Innovations in standardization for clinical research
Miguel Tam, director of product management, life science reagents at BioLegend – part of Revvity
In clinical research, accurate and reproducible product performance is essential for successful translation into diagnostic applications. As research continues to advance the understanding, diagnosis, and treatment of rare and complex conditions - such as type 1 diabetes, cancer, allergies, and rare deficiencies like paroxysmal nocturnal hemoglobinuria (PNH) - the need for well-defined, biologically relevant controls has steadily increased. From modified lyophilized human cells to carefully engineered cell lines, complex positive controls that mimic a patient’s condition or serve as biomarkers are enhancing confidence in diagnostic tools. Beyond improving reproducibility and accuracy, higher standardization across diverse disease areas is moving clinical research and diagnostics towards greater ease of use as well as reduced costs by increasing the efficiency of diagnostic tests - critical elements in advancing healthcare solutions worldwide.
Newborn screening
Anna Godenhjelm, general manager, Reproductive Health at Revvity
Newborn screening is steadily evolving, driven by rapid advances in therapeutics, technology, and global health priorities. Advances in cell and gene therapies will continue driving panel expansions as new treatments are made available. Next-generation sequencing (NGS) will gain more traction worldwide, enabling earlier and more comprehensive detection of rare genetic diseases. While ethical, legal, and cost concerns remain, over 60 feasibility studies are actively addressing these challenges, signaling the integration of NGS into public health programs. International organizations, including the World Health Organization, will signal the importance of neonatal and infant health and advocate for universal, equitable screening programs. Collaborative efforts will establish new screening programs, aiming to ensure that more newborns benefit from early diagnosis and improved health outcomes.
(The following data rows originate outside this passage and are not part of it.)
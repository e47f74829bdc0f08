-- ===== src/LogQueue/Runs.antt =====
-- Entries in sequence, as get_new_id numbers them.
use remote_monitoring_tool.Prelude.{
  ℕ, suc, ◌+◌, ◌<◌, ◌≡◌, subst, List, [], ◌∷◌, ◌++◌, arith, All, length,
}
use remote_monitoring_tool.LogEntry.{LogEntry}

-- Ids that rise by one from entry to entry.
abbrev pub Run : ℕ → List LogEntry → Type 0
Run from [] = Unit
Run from (e ∷ es) = (e.id ≡ from) × Run (suc from) es

pub Run-above : (from n : ℕ) (es : List LogEntry) → n < from → Run from es → All (λ e. n < e.id) es
Run-above from n [] lt h = tt
Run-above from n (e ∷ es) lt (he, h) = (omega arith, Run-above (suc from) n es (omega arith) h)

pub Run-append :
    (from : ℕ) (es fs : List LogEntry)
    → Run from es
    → Run (from + length es) fs
    → Run from (es ++ fs)
Run-append from [] fs h k = subst (λ n. Run n fs) (omega arith) k
Run-append from (e ∷ es) fs (he, h) k =
    (he, Run-append (suc from) es fs h (subst (λ n. Run n fs) (omega arith) k))

pub Run-append_right :
    (from : ℕ) (es fs : List LogEntry) → Run from (es ++ fs) → Run (from + length es) fs
Run-append_right from [] fs h = subst (λ n. Run n fs) (omega arith) h
Run-append_right from (e ∷ es) fs (he, h) =
    subst (λ n. Run n fs) (omega arith) (Run-append_right (suc from) es fs h)
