-- ===== src/ClientHandler.antt =====
-- server/client_handler.hpp and client_handler.cpp: what the server does with a client's messages.
pub mod Accepted
pub mod Sends
pub mod Reception
pub mod Replies
mod Examples
use remote_monitoring_tool.Prelude.{
  ℕ, ◌+◌, ◌%◌, ◌^◌, Bool, true, false, not, ◌||◌, Option, none, some, List, [], ◌∷◌, ◌++◌, Bytes,
  codes, bytes_eq, ◌==◌, if◌then◌else◌,
}
use remote_monitoring_tool.Result.{Result, ok, err, ◌>>=◌}
use remote_monitoring_tool.Event.{Event, input, network_send, network_recv}
use remote_monitoring_tool.Text.{text, decimal}
use remote_monitoring_tool.Util.{get_last_line_of_file}
use remote_monitoring_tool.Wire.{InStream, stream, read_string, read_vector, write_string}
use remote_monitoring_tool.LogEntry.{LogEntry, Junk, deserialize, serialize_str, deserialize_str}
use remote_monitoring_tool.Disk.{Disk, store, bytes_at}

pub record ClientInfo : Type 0 where
  pub client_id : ℕ
  pub client_socket : ℕ
  pub client_ip : Bytes
  pub client_port : ℕ

abbrev pub client_log_file : ClientInfo → Bytes
client_log_file info = codes "client-log-" ++ (info.client_ip ++ codes ".txt")

-- The last acked id by the last line of the log file, and 0 where there is none.
id_of_line : Bytes → Junk → ℕ
id_of_line [] junk = 0
id_of_line (c ∷ s) junk = (deserialize_str (text (c ∷ s)) junk.entry junk.temp_number).1.id

unfoldable pub last_acked_id : Option Bytes → Junk → ℕ
unfolding id_of_line
last_acked_id content junk = id_of_line (get_last_line_of_file content) junk

-- The second loop over the entries: the last acked id and the log file.
unfoldable pub accept : ℕ → Bytes → List LogEntry → ℕ × Bytes
accept last_acked file [] = (last_acked, file)
accept last_acked file (e ∷ es) =
    let next = (last_acked + 1) % 2 ^ 64 in
    let taken = e.id == next in
    accept (if taken then next else last_acked) (if taken then serialize_str file e else file) es

-- The reply to a log message.
unfoldable pub ack_message : ℕ → Result Bytes
ack_message id = write_string [] (codes "ack " ++ decimal id)

-- handle_recv_log: the disk afterwards and the event that is published. The log file that cannot be
-- opened for writing gets no reply.
unfoldable pub handle_recv_log : Disk → ClientInfo → InStream → Junk → Result (Disk × Option Event)
handle_recv_log d info iss junk = do
  let file = client_log_file info
  let last = last_acked_id (d.content file) junk
  (log_entries, rest) ← read_vector deserialize junk.number iss
  let done = accept last (bytes_at d file) log_entries
  if d.writable file
      then (do
        reply ← ack_message done.0
        ok (store d file done.1, some (network_send info.client_ip info.client_port reply)))
      else ok (d, none)

-- The answer to a message, by its first text.
on_response : Disk → ClientInfo → Junk → Bytes × InStream → Result (Disk × Option Event)
on_response d info junk (response, iss) =
    if bytes_eq response (codes "log") then handle_recv_log d info iss junk else ok (d, none)

-- The subscriber that the constructor registers. `config ok` and unknown responses are only logged.
unfoldable pub on_event : Disk → ClientInfo → Junk → Event → Result (Disk × Option Event)
unfolding on_response
on_event d info junk (network_recv ip port payload) =
    if not (bytes_eq ip info.client_ip) || not (port == info.client_port)
    then ok (d, none)
    else (do r ← read_string (stream payload); on_response d info junk r)
on_event d info junk e = ok (d, none)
AI-augmented molecular design and federated learning
David Gosalvez, PhD, Chief Strategy Officer, Revvity Signals
In 2026, life-science R&D will cross a meaningful inflection point as AI-augmented molecular design becomes not just a promising capability but the default mode of early discovery. The winners will be the organizations that deliver the predictive power of models directly into scientific context—embedded into electronic notebooks, analysis platforms, and design workflows—so chemists and biologists can act on high-confidence insights without leaving their workspace. At the same time, the industry will increasingly recognize that the true competitive advantage lies not in algorithms but in the training data behind them. As the benefits of collaborative model improvement begin to outweigh long-held concerns over data sovereignty, the industry will shift toward Federated Learning: a framework where pharma companies can benefit from collective intelligence without ever sharing raw data. By the end of 2026, federated approaches will move from pilots to standard practice, enabling secure cross-company model refinement and accelerating how the industry innovates.